The problem → Everything below from the line with "gc_carbon_history_days = 30;" to the last line, both included, is to be written out exactly, with nothing added.

Records provided →
----

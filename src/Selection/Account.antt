-- ===== src/Selection/Account.antt =====
-- apps/web/src/models/operator.ts: the account, the connections and the catalogue that all pages share,
-- and the source of events that keeps the account up to date.
use montlok_terminal.Prelude.{
  ℕ, suc, ◌-◌, String, Bool, true, false, not, ◌&&◌, ◌||◌, List, [], ◌∷◌, Option, none, some,
  if◌then◌else◌, ◌==◌, nat_eq, includes, filter,
}
use montlok_terminal.Prelude.Int.{ℤ, negsuc, lebℤ}
use montlok_terminal.Json.{Json}

-- `connects` and `refreshes` count the calls of `connect` that wait for the session and the calls of
-- `refresh`; `open_sources` are the sources of events that were not closed, `opened` numbers them.
pub record Account : Type 0 where
  pub account : Json
  pub profiles : Json
  pub catalog : Json
  pub error : String
  pub epoch : ℤ
  pub disposed : Bool
  pub suspended : Bool
  pub connects : ℕ
  pub refreshes : ℕ
  pub events : Option ℕ
  pub open_sources : List ℕ
  pub opened : ℕ

-- the state after the effect has started; the three values are the initial ones
abbrev pub new_account : Json → Json → Json → Account
new_account account profiles catalog = record {
  account = account;
  profiles = profiles;
  catalog = catalog;
  error = "";
  epoch = negsuc 0;
  disposed = false;
  suspended = false;
  connects = 1;
  refreshes = 1;
  events = none;
  open_sources = [];
  opened = 0;
}

abbrev same_epoch : ℤ → ℤ → Bool
same_epoch a b = lebℤ a b && lebℤ b a

abbrev pub closed : Option ℕ → List ℕ → List ℕ
closed none sources = sources
closed (some n) sources = filter (λ m. not (m == n)) sources

unfoldable pub close_events : Account → Account
close_events s = record s { open_sources = closed s.events s.open_sources }

-- `connect`, once the session is there
unfoldable pub open_events : Account → Account
open_events s =
    let s' = close_events s in
    record s' {
      events = some s.opened;
      open_sources = s.opened ∷ s'.open_sources;
      opened = suc s.opened;
    }

unfoldable pub connected : Account → Account
connected s =
    let s' = record s { connects = s.connects - 1 } in
    if s.connects == 0 then s else if s.disposed || s.suspended then s' else open_events s'

unfoldable pub on_message : Account → Json → ℤ → Account
on_message s account epoch =
    let s' = record s { account = account; epoch = epoch } in
    if not (same_epoch s.epoch (negsuc 0)) && not (same_epoch s.epoch epoch)
    then record s' { refreshes = suc s.refreshes }
    else s'

unfoldable pub hide : Account → Account
hide s = close_events (record s { suspended = true })

unfoldable pub show : Account → Bool → Account
show s persisted =
    if persisted
    then record s { suspended = false; connects = suc s.connects; refreshes = suc s.refreshes }
    else s

pub data Event : Type 0 where
  session_ready : Event
  session_failed : Event
  message : ℕ → Json → ℤ → Event
  source_failed : ℕ → Event
  source_opened : ℕ → Event
  hides : Event
  shows : Bool → Event
  unmounted : Event
  -- the answers of a refresh, and its end
  account_arrives : Json → Event
  profiles_arrive : Json → ℤ → Event
  catalog_arrives : Json → Event
  refreshed : Event
  refresh_failed : String → Event

-- A source that is closed sends nothing; the clean-up removes both listeners.
unfoldable pub step : Account → Event → Account
step s session_ready = connected s
step s session_failed = record s { connects = s.connects - 1 }
step s (message n account epoch) =
    if includes s.open_sources n then on_message s account epoch else s
step s (source_failed n) =
    if includes s.open_sources n then record s { error = "账户推送连接中断，正在重新连接" } else s
step s (source_opened n) = if includes s.open_sources n then record s { error = "" } else s
step s hides = if s.disposed then s else hide s
step s (shows persisted) = if s.disposed then s else show s persisted
step s unmounted = close_events (record s { disposed = true })
step s (account_arrives account) = record s { account = account }
step s (profiles_arrive profiles epoch) = record s { profiles = profiles; epoch = epoch }
step s (catalog_arrives catalog) = record s { catalog = catalog }
step s refreshed = record s { error = "" }
step s (refresh_failed reason) = record s { error = reason }

unfoldable pub run : Account → List Event → Account
run s [] = s
run s (e ∷ es) = run (step s e) es
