-- ===== src/Monitor/Tests.antt =====
-- A few rows of every table, and the theorems at them.
use ca_dns.Prelude.{
  ℕ, suc, ◌≡◌, refl, ◌↔◌, inl, inr, true, false, Option, none, some, [], ◌∷◌, ◌/◌, arith, any,
}
use ca_dns.Prelude.Text.{Text, codes, text_eq, text_leb}
use ca_dns.Prelude.Sort.{insert_by, sort_by, insert_text, sorted_set, In}
use ca_dns.Worker.Store.{Endpoint, StoredRecord}
use ca_dns.Carbon.{
  Response, Server, Client, answered, wait, login, settle, request, round, get_loop, get,
}
use ca_dns.Collector.Dnstap.{lower}
use ca_dns.Carbon.Calls.{Got, empty, Signal, Point, to_g_per_kwh, current_moer}
use ca_dns.Monitor.Freshness.{
  FreshnessPolicy, DomainTimes, latest_expiry, first_expiry, served_until, may_remeasure,
  expiring_rows, expiring_domains,
}
use ca_dns.Monitor.Freshness.Listed.{Expiring, expiring_domains_iff}
use ca_dns.Monitor.Signals.{
  slot_start, SignalRow, latest_point, regions_due, CarbonRefresh, refresh_carbon, refresh_regions,
  refresh_region, served_regions,
}
use ca_dns.Monitor.Signals.Due.{refresh_carbon_settles}
use ca_dns.Monitor.Jobs.{MonitorSettings, Unavailable, skipped, carbon_job}
use ca_dns.Monitor.Jobs.Backoff.{is_skipped, mentions, carbon_job-mentions}
use ca_dns.Monitor.Garbage.{RetentionPolicy, Tables, collect_garbage}
use ca_dns.Monitor.Garbage.Collected.{
  kept_tables, gone, IsLinked, collect_garbage-all, collect_garbage-IsLinked,
  collect_garbage-latest,
}

abbrev dom_a : Text
dom_a = 1 ∷ []

abbrev dom_b : Text
dom_b = 2 ∷ []

abbrev type_a : Text
type_a = 7 ∷ []

abbrev address_a : Text
address_a = 11 ∷ []

abbrev region_a : Text
region_a = 21 ∷ []

abbrev fresh : FreshnessPolicy
fresh = record { activity_window_seconds = 3600; lead_seconds = 15; min_remeasure_seconds = 10 }

-- Asked for at 90, measured at 40.
abbrev domain_a : DomainTimes
domain_a = record {
  name = dom_a;
  first_seen_at = 0;
  last_queried_at = some 90;
  retry_after = none;
  measured_at = some 40;
}

-- Never asked for.
abbrev domain_b : DomainTimes
domain_b = record {
  name = dom_b;
  first_seen_at = 0;
  last_queried_at = none;
  retry_after = none;
  measured_at = none;
}

abbrev record_a : StoredRecord
record_a = record {
  domain = dom_a;
  rtype = type_a;
  address = address_a;
  resolver = 31 ∷ [];
  ttl = 60;
  resolved_at = 40;
  expires_at = 100;
}

abbrev endpoint_a : Endpoint ℕ
endpoint_a = record {
  address = address_a;
  lat = some 1;
  lon = some 2;
  city = none;
  country = none;
  asn = none;
  is_anycast = false;
  region_code = some region_a;
  geo_source = none;
  geo_updated_at = some 40;
}

abbrev old_signal : SignalRow ℕ
old_signal = record { region_code = region_a; point_time = 10; moer_g_per_kwh = 5; fetched_at = 11 }

abbrev new_signal : SignalRow ℕ
new_signal = record { region_code = region_a; point_time = 40; moer_g_per_kwh = 6; fetched_at = 41 }

lists_a : expiring_domains 95 fresh (record_a ∷ []) (domain_b ∷ domain_a ∷ []) ≡ (dom_a ∷ [])
unfolding expiring_domains expiring_rows served_until first_expiry latest_expiry may_remeasure
    sort_by insert_by sorted_set insert_text text_eq text_leb
lists_a = refl

expiring_domains_iff_example :
    (any (text_eq dom_a) (expiring_domains 95 fresh (record_a ∷ []) (domain_b ∷ domain_a ∷ []))
      ≡ true)
    ↔ Expiring 95 fresh (record_a ∷ []) (domain_b ∷ domain_a ∷ []) dom_a
expiring_domains_iff_example =
    expiring_domains_iff 95 fresh (record_a ∷ []) (domain_b ∷ domain_a ∷ []) dom_a

-- A server whose every forecast has the point of 900.
abbrev ok_response : Response
ok_response = record { status_code = 200; retry_after = none; token = 7 ∷ [] }

abbrev forecasts : Text → Server
forecasts code = record {
  login_reply = λ n. answered ok_response;
  reply = λ n token. answered ok_response;
  takes = λ n. 1;
  late = λ n. 0;
}

abbrev read_point : Response → Option (Point ℕ)
read_point response = some (record { point_time = 900; value = 3; units = codes "lbs_co2_per_mwh" })

abbrev halved : ℕ → ℕ
halved x = x / 2

abbrev client : Client
client = record { token = none; token_expires = 0; next = 0; now = 0; sent = [] }

abbrev moer_900 : Text → Client → Got (Signal ℕ) × Client
moer_900 code c = current_moer halved read_point (forecasts code) code 100 c

abbrev refreshed : CarbonRefresh ℕ Client
refreshed =
    refresh_carbon moer_900 1000 [] 3600 300 (domain_a ∷ []) (record_a ∷ []) (endpoint_a ∷ [])
      (old_signal ∷ []) client

stores_a : In (region_a, 900) refreshed.stored
unfolding refresh_carbon refresh_regions refresh_region regions_due slot_start latest_point
    served_regions sorted_set insert_text text_eq text_leb current_moer get get_loop round request
    settle login wait to_g_per_kwh lower
stores_a = inl refl

refresh_carbon_settles_example :
    any (text_eq region_a) (
      regions_due 1100 3600 300 (domain_a ∷ []) (record_a ∷ []) (endpoint_a ∷ []) refreshed.signals)
    ≡ false
unfolding slot_start
refresh_carbon_settles_example =
    refresh_carbon_settles halved read_point forecasts 100 1000 [] 3600 300 (domain_a ∷ [])
      (record_a ∷ []) (endpoint_a ∷ []) (old_signal ∷ []) client region_a 900 1100 3600
      (domain_a ∷ []) (record_a ∷ []) (endpoint_a ∷ []) stores_a (omega arith)

abbrev retention : RetentionPolicy
retention = record { domain_days = 7; endpoint_days = 30; carbon_history_days = 30; batch_size = 1 }

abbrev tables : Tables ℕ
tables = record {
  domains = domain_a ∷ domain_b ∷ [];
  records = record_a ∷ [];
  queue = [];
  endpoints = endpoint_a ∷ [];
  signals = old_signal ∷ new_signal ∷ [];
}

tables-IsLinked : IsLinked tables
unfolding text_eq
tables-IsLinked = record {
  domain_known = λ r there. elim there [ inl e ↦ rw e refl | inr none_left ↦ absurd none_left ];
  address_known = λ r there. elim there [ inl e ↦ rw e refl | inr none_left ↦ absurd none_left ];
}

-- After 8 days the domain that nobody asks for is gone.
eight_days :
    kept_tables 691200 retention tables
    ≡ record tables { domains = []; records = []; endpoints = endpoint_a ∷ [] }
unfolding kept_tables
eight_days = refl

collect_garbage-all_example :
    collect_garbage 691200 retention tables
    ≡ some (gone 691200 retention tables, kept_tables 691200 retention tables)
collect_garbage-all_example = collect_garbage-all 691200 retention tables (omega arith)

collect_garbage-IsLinked_example : IsLinked (kept_tables 604860 retention tables)
collect_garbage-IsLinked_example =
    collect_garbage-IsLinked 604860 retention tables (kept_tables 604860 retention tables)
      (gone 604860 retention tables) (collect_garbage-all 604860 retention tables (omega arith))
      (omega arith) tables-IsLinked

collect_garbage-latest_example :
    latest_point region_a (kept_tables 3000000 retention tables).signals
    ≡ latest_point region_a tables.signals
collect_garbage-latest_example =
    collect_garbage-latest 3000000 retention tables (kept_tables 3000000 retention tables)
      (gone 3000000 retention tables) region_a
      (collect_garbage-all 3000000 retention tables (omega arith)) (omega arith)

abbrev settings : MonitorSettings
settings = record {
  monitor_scan_seconds = 5;
  monitor_lead_seconds = 15;
  monitor_activity_window_seconds = 3600;
  monitor_min_remeasure_seconds = 10;
  monitor_carbon_check_seconds = 60;
  carbon_period_seconds = 300;
  carbon_unavailable_backoff_seconds = 3600;
  monitor_gc_seconds = 3600;
  gc_domain_retention_days = 7;
  gc_endpoint_retention_days = 30;
  gc_carbon_history_days = 30;
  metrics_refresh_seconds = 15;
}

-- A client without data for any region.
abbrev no_data : Text → ℕ → Got (Signal ℕ) × ℕ
no_data code calls = (empty, suc calls)

abbrev first_job : CarbonRefresh ℕ ℕ × Unavailable
first_job =
    carbon_job no_data settings 50 1000 [] (domain_a ∷ []) (record_a ∷ []) (endpoint_a ∷ []) [] 0

unavailable_a : any (text_eq region_a) first_job.0.unavailable ≡ true
unfolding carbon_job refresh_carbon refresh_regions refresh_region regions_due slot_start
    latest_point served_regions sorted_set insert_text text_eq text_leb skipped
unavailable_a = refl

abbrev second_job : CarbonRefresh ℕ ℕ × Unavailable
second_job =
    carbon_job no_data settings 110 1060 first_job.1 (domain_a ∷ []) (record_a ∷ [])
      (endpoint_a ∷ []) [] 1

carbon_job-mentions_example :
    (mentions no_data region_a second_job.0 ≡ false) × (is_skipped region_a 110 second_job.1 ≡ true)
carbon_job-mentions_example =
    carbon_job-mentions no_data settings 50 1000 [] (domain_a ∷ []) (record_a ∷ [])
      (endpoint_a ∷ []) [] 0 region_a 110 1060 (domain_a ∷ []) (record_a ∷ []) (endpoint_a ∷ []) []
      1 unavailable_a (omega arith) (omega arith)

----

Written solution →
  gc_carbon_history_days = 30;
  metrics_refresh_seconds = 15;
}

-- A client without data for any region.
abbrev no_data : Text → ℕ → Got (Signal ℕ) × ℕ
no_data code calls = (empty, suc calls)

abbrev first_job : CarbonRefresh ℕ ℕ × Unavailable
first_job =
    carbon_job no_data settings 50 1000 [] (domain_a ∷ []) (record_a ∷ []) (endpoint_a ∷ []) [] 0

unavailable_a : any (text_eq region_a) first_job.0.unavailable ≡ true
unfolding carbon_job refresh_carbon refresh_regions refresh_region regions_due slot_start
    latest_point served_regions sorted_set insert_text text_eq text_leb skipped
unavailable_a = refl

abbrev second_job : CarbonRefresh ℕ ℕ × Unavailable
second_job =
    carbon_job no_data settings 110 1060 first_job.1 (domain_a ∷ []) (record_a ∷ [])
      (endpoint_a ∷ []) [] 1

carbon_job-mentions_example :
    (mentions no_data region_a second_job.0 ≡ false) × (is_skipped region_a 110 second_job.1 ≡ true)
carbon_job-mentions_example =
    carbon_job-mentions no_data settings 50 1000 [] (domain_a ∷ []) (record_a ∷ [])
      (endpoint_a ∷ []) [] 0 region_a 110 1060 (domain_a ∷ []) (record_a ∷ []) (endpoint_a ∷ []) []
      1 unavailable_a (omega arith) (omega arith)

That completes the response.